转向菜摊时,青芜仔细挑选:一颗青白紧实的秋白菜,一块方方正正的豆腐,一把菠菜。
她目光扫过堆成小山的藕节和山药,各选了两根;又见角落里有几颗金灿灿的老南瓜,皮厚实,模样敦厚,便要了一小颗。
最后她停在香料杂货摊前。
“小娘子要点什么?”摊主是个精干的老汉,摊子上瓶瓶罐罐摆得整齐。
青芜目光逡巡:“要些茱萸粉,姜、葱、蒜也要些。”顿了顿,“有山楂干和杏脯么?”
老汉一边取货一边笑:“小娘子这是要做秋日暖汤?茱萸驱寒,山楂开胃,这搭配好。”
他將几样分別包好,“杏脯是自家晒的,甜中带酸,燉汤最是提味。”
青芜又添了些红枣和枸杞,这才提著菜篮离开。
暗处的墨隼和赤鳶交换了一个眼神。
“这买的……”墨隼低声道,“倒像是要正经做饭的模样。”
赤鳶看著青芜篮中那些寻常却搭配新奇的食材,若有所思:“她在府里时,可曾显露过厨艺?”

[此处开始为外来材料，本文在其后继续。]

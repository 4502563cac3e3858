-- ===== src/Btc38/Books.antt =====
-- `btc38_parse_book` over an answer that lays out bids, then asks, level by level.
use mathlib.Core.Path.{subst}
use ken_code_de_bridge.Base.{
  Bool, Bytes, Floats, List, [], ap, append_assoc, arith, codes, false, if◌then◌else◌, length,
  length-append, ltb, ok, pos, refl, suc, sym, true, zero, ℕ, ◌*◌, ◌++◌, ◌+◌, ◌<◌, ◌==◌, ◌∙◌, ◌∷◌,
  ◌≡◌, ◌≢◌, ◌≤◌,
}
use ken_code_de_bridge.Book.{Book, Cursor, set_ask, set_bid, set_current, whole}
use ken_code_de_bridge.Book.Merge.{fill, fill_asks, merged, one_sided}
use ken_code_de_bridge.Json.{Token, Tokenizer, json_find_token, string}
use ken_code_de_bridge.Json.Views.{At, At-head, View, json_find_token-gap, lacks}
use ken_code_de_bridge.Levels.{first_loop, read_number}
use ken_code_de_bridge.Levels.First.{
  Level, first_loop-one_sided, length-levels_views, level_views, levels_views, levels_views-append,
  number, read_number-view, side_of,
}
use ken_code_de_bridge.Btc38.{asks_loop, book_of_tokens, btc38_parse_book}

module _ {D : Type 0} (floats : Floats D) (json : Bytes) (tokens : List Token) (n : ℕ) where
  asks_round :
      (fuel i : ℕ) (c : Cursor D) (first second : D) (b : Bool)
      → read_number floats json tokens i ≡ ok first
      → read_number floats json tokens (i + 1) ≡ ok second
      → i ≢ 0
      → ltb n (i + 3) ≡ b
      → asks_loop floats json tokens n (suc fuel) i c ≡ (
          if b
          then asks_loop floats json tokens n fuel 0 c
          else asks_loop floats json tokens n fuel
              (i + 3)
              (set_current floats (set_ask first second) c))
  unfolding asks_loop
  asks_round fuel i c first second b e e' ne past =
      let test : (i == 0) ≡ false = ground arith in rw (test, e, e', past)

  asks_loop-stop :
      (fuel : ℕ) (c : Cursor D) → asks_loop floats json tokens n (suc fuel) 0 c ≡ ok (whole c)
  unfolding asks_loop
  asks_loop-stop fuel c = refl

  -- The loop drops the level at the end of the answer.
  asks_loop-fill :
      (asks : List Level) (last : Level) (fuel i : ℕ) (c : Cursor D)
      → At json tokens n i (levels_views asks (level_views last []))
      → length asks + 1 < fuel
      → asks_loop floats json tokens n fuel (i + 1) c
        ≡ ok (whole (fill floats set_ask (side_of floats asks) c))
  asks_loop-fill asks last zero i c at h = absurd (omega arith)
  asks_loop-fill [] last (suc zero) i c at h = absurd (omega arith)
  asks_loop-fill [] last (suc (suc fuel)) i c at h =
      let (t, there, is, reads, at') = At-head json tokens n i _ _ at in
      let (r, at'') = read_number-view floats json tokens n (i + 1) last.first _ at' in
      let (r', later) = read_number-view floats json tokens n (i + 1 + 1) last.second _ at'' in
      let past : n < i + 1 + 3 = omega (arith, at.count) in
      asks_round (suc fuel) (i + 1) c _ _ true r r' (λ z. absurd (omega (arith, z))) (ground arith)
      ∙ asks_loop-stop fuel c
  asks_loop-fill (a ∷ asks) last (suc fuel) i c at h =
      let (t, there, is, reads, at') = At-head json tokens n i _ _ at in
      let (r, at'') = read_number-view floats json tokens n (i + 1) a.first _ at' in
      let (r', later) = read_number-view floats json tokens n (i + 1 + 1) a.second _ at'' in
      let e' : i + 1 + 3 ≡ i + 1 + 1 + 1 + 1 = omega arith in
      let inside : i + 1 + 3 ≤ n =
        omega (arith, later.count, length-levels_views asks (level_views last [])) in
      asks_round fuel (i + 1) c _ _ false r r' (λ z. absurd (omega (arith, z))) (ground arith)
      ∙ rw e' (
          asks_loop-fill asks last fuel (i + 1 + 1 + 1)
            (set_current floats (set_ask (number floats a.first) (number floats a.second)) c) later
            (omega arith))

module _ {D : Type 0} (floats : Floats D) (json : Bytes) (tokens : List Token) (n : ℕ) where
  of_tokens-out :
      (b s : ℕ) (book out : List (Book D))
      → json_find_token json tokens n 0 (codes "asks") ≡ ok (pos s)
      → s ≢ 0
      → json_find_token json tokens n 0 (codes "bids") ≡ ok (pos b)
      → first_loop floats json tokens set_bid (n + 2) (b + 3) (pos s) [] ≡ ok book
      → asks_loop floats json tokens n (n + 2) (s + 3) (record { before = []; from_current = book })
        ≡ ok out
      → book_of_tokens floats json tokens n ≡ ok out
  unfolding book_of_tokens
  of_tokens-out b zero book out e ne e' first second = absurd (ne refl)
  of_tokens-out b (suc s) book out e ne e' first second = rw (e, e', first) second

-- What stands in front of the key "asks".
abbrev pub bids_views : List View → View → List Level → Level → List View → List View
bids_views front bracket bids last_bid rest =
    front ++ (string, codes "bids") ∷ bracket ∷ levels_views bids (level_views last_bid rest)

bids_views-append :
    (front : List View) (bracket : View) (bids : List Level) (last_bid : Level) (rest : List View)
    → bids_views front bracket bids last_bid [] ++ rest
      ≡ bids_views front bracket bids last_bid rest
bids_views-append front bracket bids last_bid rest =
    append_assoc front _ rest
    ∙ ap (λ vs. front ++ (string, codes "bids") ∷ bracket ∷ vs)
        (levels_views-append bids (level_views last_bid []) rest)

abbrev asks_views : View → List Level → Level → List View
asks_views bracket asks last_ask =
    (string, codes "asks") ∷ bracket ∷ levels_views asks (level_views last_ask [])

-- An answer that lays out "bids", level by level, and then "asks", to its end.
abbrev pub answer_views :
    List View → View → List Level → Level → View → List Level → Level → List View
answer_views front bracket bids last_bid bracket' asks last_ask =
    bids_views front bracket bids last_bid (asks_views bracket' asks last_ask)

module _ {D : Type 0} (floats : Floats D) (jsmn : Tokenizer) (json : Bytes) (tokens : List Token)
    (n : ℕ) (parsed : jsmn json 65535 ≡ (pos n, tokens)) where
  -- The book of such an answer has the bids and the asks level by level, but for the last of either
  -- side, with 0 on the side that is shorter.
  pub btc38_parse_book-merged :
      (front : List View) (bracket : View) (bids : List Level) (last_bid : Level) (bracket' : View)
      (asks : List Level) (last_ask : Level)
      → At json tokens n 0 (answer_views front bracket bids last_bid bracket' asks last_ask)
      → lacks (codes "bids") front ≡ true
      → lacks (codes "asks") (bids_views front bracket bids last_bid []) ≡ true
      → btc38_parse_book floats jsmn json
        ≡ ok (merged floats (side_of floats bids) (side_of floats asks))
  unfolding btc38_parse_book
  btc38_parse_book-merged front bracket bids last_bid bracket' asks last_ask at lb la =
      let seen = bids_views front bracket bids last_bid [] in
      let later = asks_views bracket' asks last_ask in
      let at' =
        subst (At json tokens n 0) (sym (bids_views-append front bracket bids last_bid later)) at in
      let (found, at_a) = json_find_token-gap json tokens n 0 (codes "asks") seen _ at' la in
      let (found', at_b) = json_find_token-gap json tokens n 0 (codes "bids") front _ at lb in
      let (t, there, is, reads, at_levels) = At-head json tokens n _ _ _ at_b in
      let (t', there', is', reads', at_levels') = At-head json tokens n _ _ _ at_a in
      let s = 0 + length seen in
      let size : s ≡ 0 + length front + 1 + 1 + 3 * length bids + 3 =
        omega
          (arith, length-append {0} front, length-levels_views bids (level_views last_bid [])) in
      let e : 0 + length front + 1 + 1 + 1 ≡ 0 + length front + 3 = omega arith in
      let e' : s + 1 + 1 + 1 ≡ s + 3 = omega arith in
      let built =
        first_loop-one_sided floats json tokens n set_bid bids last_bid (n + 2)
          (0 + length front + 1 + 1) s later [] at_levels size
          (omega (arith, at_levels.count, length-levels_views bids (level_views last_bid later))) in
      let filled =
        asks_loop-fill floats json tokens n asks last_ask (n + 2) (s + 1 + 1)
          (record { before = []; from_current = one_sided floats set_bid (side_of floats bids) })
          at_levels'
          (omega (arith, at_levels'.count, length-levels_views asks (level_views last_ask []))) in
      rw parsed (
        of_tokens-out floats json tokens n (0 + length front) s
          (one_sided floats set_bid (side_of floats bids)) _ found
          (λ z. absurd (omega (arith, z, size))) found' (rw e at built) (rw e' at filled)
        ∙ ap ok (fill_asks floats (side_of floats bids) (side_of floats asks) []))
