-- ===== src/Levels/Ends.antt =====
-- The first loop ends on any tokens.
use ken_code_de_bridge.Base.{
  Bool-cases, Bytes, Ensures-bind, Ensures-if, Floats, List, Option-cases, Outcome, arith, false,
  get_elem?, inl, inr, ltb, negsuc, pos, refl, suc, zero, ℕ, ℤ, ◌+◌, ◌<◌, ◌==◌, ◌>>=◌, ◌≡◌, ◌≤◌,
  ◌⊎◌,
}
use ken_code_de_bridge.Book.{Book, zero_double}
use ken_code_de_bridge.Book.Merge.{Setter}
use ken_code_de_bridge.Json.{Token}
use ken_code_de_bridge.Json.Progress.{Ends, Found, json_get_double-Ends}
use ken_code_de_bridge.Levels.{first_loop, or_all, read_number}

pub Ends-bind {ℓ κ} :
    {A : Type ℓ} {B : Type κ} (m : Outcome A) (f : A → Outcome B)
    → Ends m
    → ((a : A) → Ends (f a))
    → Ends (m >>= f)
Ends-bind m f h next = Ensures-bind (λ _. Unit) (λ _. Unit) m f h (λ a _. next a)

abbrev pub AtMost : ℕ → ℤ → Type 0
AtMost n (pos stop) = stop ≤ n
AtMost n (negsuc _) = Unit

pub or_all-AtMost : (n : ℕ) (r : ℤ) → Found 0 n r → AtMost n (or_all n r)
or_all-AtMost n (pos zero) h = omega arith
or_all-AtMost n (pos (suc i)) h = omega (arith, h.1)
or_all-AtMost n (negsuc i) h = tt

module _ {D : Type 0} (floats : Floats D) (json : Bytes) (tokens : List Token) where
  pub read_number-Ends : (i : ℕ) → Ends (read_number floats json tokens i)
  unfolding read_number
  read_number-Ends i = elim (Option-cases (get_elem? tokens i)) [
    | inl none_there ↦ rw none_there tt
    | inr (t, there) ↦ rw there (json_get_double-Ends floats json t (zero_double floats))
  ]

  pub first_loop-Ends :
      (write : Setter floats) (n fuel i : ℕ) (stop : ℤ) (book : List (Book D))
      → AtMost n stop
      → ((i ≡ 0) × (0 < fuel)) ⊎ (n + 1 < fuel + i) × (0 < fuel)
      → Ends (first_loop floats json tokens write fuel i stop book)
  unfolding first_loop
  first_loop-Ends write n zero i stop book most enough = absurd (omega (arith, enough))
  first_loop-Ends write n (suc fuel) zero stop book most enough = tt
  first_loop-Ends write n (suc fuel) (suc i) (negsuc k) book most enough =
      let test : (suc i == 0) ≡ false = ground arith in rw test tt
  first_loop-Ends write n (suc fuel) (suc i) (pos stop) book most enough =
      let test : (suc i == 0) ≡ false = ground arith in
      elim (Bool-cases (ltb (suc i) stop)) [
        | inl below ↦
            rw (test, below)
              (Ends-bind _ _ (read_number-Ends (suc i)) λ quantity.
                Ends-bind _ _ (read_number-Ends (suc i + 1)) λ rate.
                  Ensures-if (λ _. Unit) (ltb (suc i + 3) stop) _ _
                    (first_loop-Ends write n fuel (suc i + 3) (pos stop) _ most
                      (inr (ground (arith, below), ground (arith, below))))
                    (first_loop-Ends write n fuel 0 (pos stop) book most
                      (inl (refl, ground (arith, below)))))
        | inr past ↦ rw (test, past) tt
      ]
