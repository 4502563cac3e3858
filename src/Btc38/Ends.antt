-- ===== src/Btc38/Ends.antt =====
-- `btc38_parse_book` ends on any tokens.
use ken_code_de_bridge.Base.{
  Bool-cases, Bytes, Ensures-bind, Floats, List, [], arith, false, inl, inr, ltb, negsuc, pos, refl,
  suc, zero, ℕ, ℤ, ◌+◌, ◌<◌, ◌==◌, ◌≡◌, ◌≤◌, ◌⊎◌,
}
use ken_code_de_bridge.Book.{Cursor, set_bid}
use ken_code_de_bridge.Json.{Token, Tokenizer}
use ken_code_de_bridge.Json.Progress.{Ends, Found, json_find_token-Found}
use ken_code_de_bridge.Levels.{or_all, three_behind}
use ken_code_de_bridge.Levels.Ends.{Ends-bind, first_loop-Ends, or_all-AtMost, read_number-Ends}
use ken_code_de_bridge.Btc38.{asks_loop, book_of_tokens, btc38_parse_book, parsed_book}

module _ {D : Type 0} (floats : Floats D) (json : Bytes) (tokens : List Token) (n : ℕ) where
  asks_loop-Ends :
      (fuel i : ℕ) (c : Cursor D)
      → ((i ≡ 0) × (0 < fuel)) ⊎ ((1 < fuel) × (n + 2 ≤ fuel + i))
      → Ends (asks_loop floats json tokens n fuel i c)
  unfolding asks_loop
  asks_loop-Ends zero i c enough = absurd (omega (arith, enough))
  asks_loop-Ends (suc fuel) zero c enough = tt
  asks_loop-Ends (suc fuel) (suc i) c enough =
      let test : (suc i == 0) ≡ false = ground arith in
      rw test (
        Ends-bind _ _ (read_number-Ends floats json tokens (suc i)) λ quantity.
          Ends-bind _ _ (read_number-Ends floats json tokens (suc i + 1)) λ rate.
            elim (Bool-cases (ltb n (suc i + 3))) [
              | inl past ↦ rw past (asks_loop-Ends fuel 0 c (inl (refl, ground (arith, enough))))
              | inr inside ↦ rw inside (
                  asks_loop-Ends fuel (suc i + 3) _
                    (inr (ground (arith, enough, inside), ground (arith, enough))))
            ])

  three_behind-room : (r : ℤ) → 2 ≤ three_behind r
  three_behind-room (pos i) = omega arith
  three_behind-room (negsuc i) = omega arith

  of_tokens-Ends : Ends (book_of_tokens floats json tokens n)
  unfolding book_of_tokens
  of_tokens-Ends =
      Ensures-bind (Found 0 n) (λ _. Unit) _ _ (json_find_token-Found json tokens n 0 _)
        λ found h.
          Ensures-bind (Found 0 n) (λ _. Unit) _ _ (json_find_token-Found json tokens n 0 _)
            λ bids_at _.
              Ends-bind _ _
                (first_loop-Ends floats json tokens set_bid n (n + 2) (three_behind bids_at) _ []
                  (or_all-AtMost n found h) (inr (omega arith, omega arith)))
                λ book.
                  asks_loop-Ends (n + 2) (three_behind (or_all n found)) _
                    (inr (omega arith, omega arith))

-- Whatever the tokenizer makes of an answer, the loops of `btc38_parse_book` end with the fuel given.
pub btc38_parse_book-Ends :
    {D : Type 0} (floats : Floats D) (jsmn : Tokenizer) (json : Bytes)
    → Ends (btc38_parse_book floats jsmn json)
unfolding btc38_parse_book
btc38_parse_book-Ends {D = D} floats jsmn json = go (jsmn json 65535)
  where
    go : (r : ℤ × List Token) → Ends (parsed_book floats jsmn json r)
    go (negsuc m, tokens) = tt
    go (pos n, tokens) = of_tokens-Ends floats json tokens n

墨隼摇头:“从未听说。烧火丫鬟只管灶下,掌勺的事轮不到她。”
二人沉默地跟隨著。
槐花巷深处的小院门“吱呀”一声被推开时,沈氏正在院里晾晒衣裳。
见女儿提著这么多东西回来,她忙迎上来:“怎么买这许多?”
青芜將菜篮放在石桌上,从怀中取出那份文书,小心翼翼地展开,递到母亲面前。
沈氏识字不多,但“放良文书”四个大字还是认得的。
她的手猛地一颤,接过那张纸,反覆看了好几遍,眼眶渐渐红了。
“真的。。。。。。真的办成了?”声音哽咽。
青芜用力点头,握住母亲的手:“娘,从今往后,女儿是自由身了。”
沈氏的眼泪终於落下,又慌忙用袖子去擦。
她將女儿搂入怀中,泣不成声:“好,好。。。。。。我儿受苦了。。。。。。往后好了,往后都好了。。。。。。”
母女二人相拥许久,情绪才渐渐平復。
“今日该庆祝庆祝。”青芜拭去母亲脸上的泪痕,笑道,“女儿给您露一手,做几道好菜。”
沈氏破涕为笑:“你何时学会做饭了?”
“在府里看多了,自然也就会了。”青芜含糊带过,拎起菜篮进了厨房。
厨房里,青芜系上围裙,动作利落地开始备菜。
她买的排骨用清水浸泡去血水;一条肥美的河鲤,鲤鱼正是肥美;白菜是秋后新收的,层层紧实;豆腐还是温热的,显然是刚出箱不久;深秋的菠菜;她还特意选了当季的莲藕、山药和几颗黄澄澄的南瓜。
最特別的是她计划做的那道汤。
她便用南瓜蒸熟捣泥作为汤底,调入山楂干和杏脯熬煮的酸汁,再以少许茱萸提香。
山药切滚刀块,莲藕切片,与几片瘦肉一同燉煮,最后撒上一把鲜绿的菠菜碎。
一锅热气腾腾的“金玉满堂汤”便有了雏形——金指南瓜汤底,玉指山药莲藕,既暖身又应景。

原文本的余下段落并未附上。